■ **About this exercise**:
Across the listing that follows, work out how many lines carry the string "closed". Provide that number and nothing else.

■ **Input data**:
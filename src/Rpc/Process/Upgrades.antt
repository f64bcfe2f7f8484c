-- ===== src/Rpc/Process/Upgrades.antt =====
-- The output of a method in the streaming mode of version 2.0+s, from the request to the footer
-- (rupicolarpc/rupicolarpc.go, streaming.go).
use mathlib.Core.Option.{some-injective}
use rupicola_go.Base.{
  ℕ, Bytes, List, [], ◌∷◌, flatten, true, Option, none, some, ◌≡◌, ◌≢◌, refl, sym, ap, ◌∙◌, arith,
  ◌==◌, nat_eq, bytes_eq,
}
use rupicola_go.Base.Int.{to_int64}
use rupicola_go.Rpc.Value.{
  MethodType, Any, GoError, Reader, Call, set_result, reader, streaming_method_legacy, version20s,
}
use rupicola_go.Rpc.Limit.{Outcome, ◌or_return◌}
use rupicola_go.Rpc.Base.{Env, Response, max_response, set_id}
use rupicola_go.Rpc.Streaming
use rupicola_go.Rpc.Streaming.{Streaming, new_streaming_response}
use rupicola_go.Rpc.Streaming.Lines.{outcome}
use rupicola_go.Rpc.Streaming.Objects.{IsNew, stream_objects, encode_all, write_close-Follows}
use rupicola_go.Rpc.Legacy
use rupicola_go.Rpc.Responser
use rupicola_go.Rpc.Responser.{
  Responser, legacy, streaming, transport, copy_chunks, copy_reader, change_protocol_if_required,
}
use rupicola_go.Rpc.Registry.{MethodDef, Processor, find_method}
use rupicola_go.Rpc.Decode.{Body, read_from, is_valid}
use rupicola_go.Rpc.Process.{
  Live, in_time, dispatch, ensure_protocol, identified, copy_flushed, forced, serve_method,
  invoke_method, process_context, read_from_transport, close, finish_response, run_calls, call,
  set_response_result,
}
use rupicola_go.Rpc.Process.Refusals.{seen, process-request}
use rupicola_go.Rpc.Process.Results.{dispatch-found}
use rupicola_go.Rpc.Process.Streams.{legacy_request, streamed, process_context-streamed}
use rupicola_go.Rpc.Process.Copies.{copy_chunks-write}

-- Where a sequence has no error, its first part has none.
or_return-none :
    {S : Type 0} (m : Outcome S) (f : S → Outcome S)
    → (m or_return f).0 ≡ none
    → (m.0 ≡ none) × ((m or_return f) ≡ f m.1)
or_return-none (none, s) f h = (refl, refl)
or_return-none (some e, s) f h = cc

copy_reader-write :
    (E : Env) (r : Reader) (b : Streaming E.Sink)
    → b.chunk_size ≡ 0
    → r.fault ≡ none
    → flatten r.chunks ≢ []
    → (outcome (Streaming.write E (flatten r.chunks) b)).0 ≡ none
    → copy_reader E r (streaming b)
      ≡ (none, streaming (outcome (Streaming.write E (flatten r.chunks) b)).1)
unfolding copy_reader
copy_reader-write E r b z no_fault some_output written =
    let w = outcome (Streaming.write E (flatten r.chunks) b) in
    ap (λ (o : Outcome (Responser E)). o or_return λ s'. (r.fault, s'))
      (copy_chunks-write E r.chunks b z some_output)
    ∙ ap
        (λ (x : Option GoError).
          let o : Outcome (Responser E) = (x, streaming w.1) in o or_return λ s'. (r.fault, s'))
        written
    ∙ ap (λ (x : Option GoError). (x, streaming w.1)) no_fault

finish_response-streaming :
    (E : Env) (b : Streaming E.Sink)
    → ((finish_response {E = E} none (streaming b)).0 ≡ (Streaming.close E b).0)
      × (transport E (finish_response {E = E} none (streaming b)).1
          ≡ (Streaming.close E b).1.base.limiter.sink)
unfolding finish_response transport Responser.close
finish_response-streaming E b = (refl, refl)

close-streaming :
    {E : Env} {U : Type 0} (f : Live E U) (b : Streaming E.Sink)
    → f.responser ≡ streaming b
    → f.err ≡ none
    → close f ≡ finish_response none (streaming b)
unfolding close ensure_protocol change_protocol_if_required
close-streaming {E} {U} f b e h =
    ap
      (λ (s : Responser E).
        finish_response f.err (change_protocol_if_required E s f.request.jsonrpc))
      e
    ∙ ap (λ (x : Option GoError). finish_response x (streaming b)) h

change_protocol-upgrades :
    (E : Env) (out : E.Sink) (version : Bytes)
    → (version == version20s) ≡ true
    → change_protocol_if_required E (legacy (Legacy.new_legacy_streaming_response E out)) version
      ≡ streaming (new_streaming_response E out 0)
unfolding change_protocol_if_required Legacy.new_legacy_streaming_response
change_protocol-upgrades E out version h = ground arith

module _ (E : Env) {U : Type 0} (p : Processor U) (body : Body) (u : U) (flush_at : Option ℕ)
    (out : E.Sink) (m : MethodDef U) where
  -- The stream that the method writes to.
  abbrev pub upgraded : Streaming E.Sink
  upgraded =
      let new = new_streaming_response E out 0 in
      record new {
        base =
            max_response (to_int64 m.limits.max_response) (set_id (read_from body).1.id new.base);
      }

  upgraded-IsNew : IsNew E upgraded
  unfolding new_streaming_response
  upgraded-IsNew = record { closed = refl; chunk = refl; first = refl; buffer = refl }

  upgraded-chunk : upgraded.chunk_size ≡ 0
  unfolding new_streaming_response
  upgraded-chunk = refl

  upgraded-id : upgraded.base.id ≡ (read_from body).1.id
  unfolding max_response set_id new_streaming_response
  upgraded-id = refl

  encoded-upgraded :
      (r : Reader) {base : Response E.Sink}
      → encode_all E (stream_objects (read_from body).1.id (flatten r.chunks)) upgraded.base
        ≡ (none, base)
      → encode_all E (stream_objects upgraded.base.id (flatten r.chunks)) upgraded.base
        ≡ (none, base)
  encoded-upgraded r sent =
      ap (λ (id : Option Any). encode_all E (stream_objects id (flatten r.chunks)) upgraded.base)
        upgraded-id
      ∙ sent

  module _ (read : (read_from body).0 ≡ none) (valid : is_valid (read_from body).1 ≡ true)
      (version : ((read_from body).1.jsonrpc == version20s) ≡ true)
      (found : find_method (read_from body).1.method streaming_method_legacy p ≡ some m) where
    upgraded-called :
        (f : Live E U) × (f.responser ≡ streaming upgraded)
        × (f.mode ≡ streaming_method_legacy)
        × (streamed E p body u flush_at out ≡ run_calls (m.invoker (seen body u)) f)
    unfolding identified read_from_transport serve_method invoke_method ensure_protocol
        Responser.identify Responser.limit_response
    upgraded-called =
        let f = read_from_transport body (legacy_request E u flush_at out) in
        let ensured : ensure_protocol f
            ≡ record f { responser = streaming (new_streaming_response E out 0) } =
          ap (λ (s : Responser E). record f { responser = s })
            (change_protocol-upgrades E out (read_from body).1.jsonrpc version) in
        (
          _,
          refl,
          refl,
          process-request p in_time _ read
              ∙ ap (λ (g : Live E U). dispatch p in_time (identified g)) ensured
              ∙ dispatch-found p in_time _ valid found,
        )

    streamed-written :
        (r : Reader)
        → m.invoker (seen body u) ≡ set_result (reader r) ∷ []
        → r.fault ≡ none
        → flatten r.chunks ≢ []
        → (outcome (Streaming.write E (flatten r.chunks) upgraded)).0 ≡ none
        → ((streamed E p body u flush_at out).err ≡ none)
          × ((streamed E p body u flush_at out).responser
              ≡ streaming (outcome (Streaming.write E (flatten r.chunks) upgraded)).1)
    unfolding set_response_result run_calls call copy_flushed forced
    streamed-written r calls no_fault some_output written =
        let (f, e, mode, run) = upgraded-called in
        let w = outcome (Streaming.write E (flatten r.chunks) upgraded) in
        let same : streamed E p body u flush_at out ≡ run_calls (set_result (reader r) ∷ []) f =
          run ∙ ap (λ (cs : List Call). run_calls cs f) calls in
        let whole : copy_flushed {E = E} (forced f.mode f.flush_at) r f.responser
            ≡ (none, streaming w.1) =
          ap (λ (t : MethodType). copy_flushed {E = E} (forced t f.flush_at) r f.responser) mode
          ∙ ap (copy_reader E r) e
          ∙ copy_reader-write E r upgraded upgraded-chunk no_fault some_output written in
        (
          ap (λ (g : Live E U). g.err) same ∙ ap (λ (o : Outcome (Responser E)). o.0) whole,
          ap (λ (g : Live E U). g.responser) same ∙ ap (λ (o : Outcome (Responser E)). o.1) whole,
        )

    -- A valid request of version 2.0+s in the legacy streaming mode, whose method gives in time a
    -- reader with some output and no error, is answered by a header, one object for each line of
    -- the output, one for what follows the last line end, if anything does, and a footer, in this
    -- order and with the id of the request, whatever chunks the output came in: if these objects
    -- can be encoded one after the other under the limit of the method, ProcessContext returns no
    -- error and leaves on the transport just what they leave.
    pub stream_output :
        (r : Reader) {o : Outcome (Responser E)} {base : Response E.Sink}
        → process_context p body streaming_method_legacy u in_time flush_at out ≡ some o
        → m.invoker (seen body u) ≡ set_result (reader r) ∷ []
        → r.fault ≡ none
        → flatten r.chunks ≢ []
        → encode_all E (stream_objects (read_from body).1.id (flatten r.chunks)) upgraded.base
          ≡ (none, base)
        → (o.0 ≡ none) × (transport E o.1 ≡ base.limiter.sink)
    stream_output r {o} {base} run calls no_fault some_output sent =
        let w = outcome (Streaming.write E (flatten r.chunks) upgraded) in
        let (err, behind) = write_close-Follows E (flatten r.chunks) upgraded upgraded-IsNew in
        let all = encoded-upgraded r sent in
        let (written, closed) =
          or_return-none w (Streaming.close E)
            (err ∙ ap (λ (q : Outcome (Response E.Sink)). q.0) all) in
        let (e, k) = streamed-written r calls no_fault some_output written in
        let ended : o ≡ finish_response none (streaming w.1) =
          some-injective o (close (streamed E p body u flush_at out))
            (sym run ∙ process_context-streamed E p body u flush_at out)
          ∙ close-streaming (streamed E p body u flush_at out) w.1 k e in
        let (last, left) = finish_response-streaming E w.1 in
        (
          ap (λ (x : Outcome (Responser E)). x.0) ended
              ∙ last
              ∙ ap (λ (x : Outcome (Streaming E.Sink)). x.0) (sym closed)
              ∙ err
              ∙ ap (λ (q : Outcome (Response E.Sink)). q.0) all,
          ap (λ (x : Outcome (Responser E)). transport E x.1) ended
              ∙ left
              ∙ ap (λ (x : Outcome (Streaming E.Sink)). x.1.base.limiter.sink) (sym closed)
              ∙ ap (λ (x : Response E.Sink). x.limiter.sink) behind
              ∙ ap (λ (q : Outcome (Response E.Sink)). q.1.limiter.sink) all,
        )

■ **Answer to this problem**:
4